A person with misophonia may fly into a rage and assault the chewer of the gum, popper of the p’s, or clicker of the pen. Short of attacking, the person with misophonia might sit, fists clenched, and stare daggers at the maker of the tiny noise. It is an involuntary and uncontrollable reaction, almost like a seizure, during which the sufferer has virtually no control over his or her reactions.

Does it make any sense? Not at all. But a seizure makes no “sense” either; it is an electrical explosion in the brain. The misophonia sufferer’s response is also like an explosion in the brain — unwanted and uncontrollable.

[Self-Test: Could It Be Sensory Processing Disorder?]

Sounds That Incite

People who have ADHD are often hyper-reactive in one sensory domain or another: smell, touch, sound, sight, even taste. Some of us wear only cotton, for example, and find all other fabrics too scratchy. Or the taste of a carrot makes us gag. Or headlights cause us to feel terror and to close our eyes (dangerous!). Or we cannot abide the smell of a floral bouquet or a pine dresser, smells that most people love. Or we overreact to various sounds, be they faint or loud. This is not true of misophonia, although those of us with ADHD can understand the condition better than others, perhaps, because of our own hypersensitivities.

Joyce Cohen wrote the first important mainstream article about misophonia in the New York Times in 2011. She brought attention to this previously unheard-of condition. Since then, support groups have arisen, and there is now an annual convention of the Misophonia Association. The fourth annual gathering took place in Las Vegas in 2017 (see misophonia-association.org or misophonia.com).

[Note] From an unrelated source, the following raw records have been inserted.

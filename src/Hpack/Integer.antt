-- ===== src/Hpack/Integer.antt =====
-- The prefixed integers of Cutelyst/Server/hpack.cpp: decodeUInt16 and encodeUInt16.
pub mod Laws
mod Tests
use cutelyst.Common.{ℕ, zero, suc, ◌+◌, ◌-◌, ◌*◌, ◌/◌, ◌%◌, ◌^◌, ltb, leb, ◌==◌, if◌then◌else◌}
use cutelyst.Common.{Bytes, [], ◌∷◌}

-- What a read from the block between `src` and `src_end` gives: a value with the bytes that
-- follow it, a null pointer (`failed`), or `undefined`: a read at or behind `src_end` that the
-- code does not check, or a shift by the width of `int` or more.
pub data Read {ℓ} (A : Type ℓ) : Type ℓ where
  read : A → Bytes → Read A
  failed : Read A
  undefined : Read A

-- Go on with the value and the rest.
abbrev pub then_read {ℓ κ} : {A : Type ℓ} {B : Type κ} → Read A → (A → Bytes → Read B) → Read B
then_read (read a rest) f = f a rest
then_read failed f = failed
then_read undefined f = undefined

-- INT_MASK(bits). For such a mask `x & mask` is `x % 2 ^ bits`.
abbrev pub int_mask : ℕ → ℕ
int_mask bits = 2 ^ bits - 1

-- The `do … while` loop of decodeUInt16. The list starts at `src + 1`; `dst` is a quint16, and
-- the 32-bit `(*src & 0x7f) << M` has no meaning for M of 32 and more.
unfoldable pub decode_loop : Bytes → ℕ → ℕ → Read ℕ
decode_loop [] dst m = failed
decode_loop (b ∷ rest) dst m =
    let dst' = (dst + b % 128 * 2 ^ m % 2 ^ 32) % 2 ^ 16 in
    let more = decode_loop rest dst' (m + 7) in
    if leb 32 m then undefined else if b / 128 % 2 == 0 then read dst' rest else more

unfoldable pub decode_uint : Bytes → ℕ → Read ℕ
unfolding decode_loop
decode_uint [] bits = undefined
decode_uint (b ∷ rest) bits =
    if b % 2 ^ bits == int_mask bits
    then decode_loop rest (int_mask bits) 0
    else read (b % 2 ^ bits) rest

-- The `while (I >= 128)` loop of encodeUInt16; the fuel starts at I and I / 128 is smaller, so
-- it is never used up.
pub encode_loop : ℕ → ℕ → Bytes
encode_loop zero i = i ∷ []
encode_loop (suc fuel) i =
    let rest = encode_loop fuel (i / 128) in if ltb i 128 then i ∷ [] else (i % 128 + 128) ∷ rest

unfoldable pub encode_uint : ℕ → ℕ → Bytes
unfolding encode_loop
encode_uint i bits =
    if ltb i (int_mask bits)
    then i ∷ []
    else int_mask bits ∷ encode_loop (i - int_mask bits) (i - int_mask bits)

I can imagine how isolating this condition can be, and how wonderful the sharing must have been at the Las Vegas meeting. These are brave people, trying to make their way in a world that doesn’t understand them. They don’t even understand themselves as they cope and suffer.

How to Bring Relief

As of now, there is no proven cure or effective treatment for misophonia. There are various remedies people try. Two medications — Lyrica and Klonopin — have helped some sufferers. The usual psychological treatments for everything these days have also been known to help some cases: CBT, DBT, mindfulness training, hypnosis, and meditation. Certain physical treatments have helped some people: acoustic therapies; alpha-stim; chiropractic; and EMDR. The usual array of lifestyle modifications have also improved symptoms in some people: rigorous exercise, getting enough sleep, eating healthy meals, and wearing sound protection.

[When Your Senses Are Always In Overdrive]

Just by being aware of the condition, we can help those who suffer from it. By understanding their challenges and not blaming them, we can bring relief. This goal should be familiar to all of us with ADHD.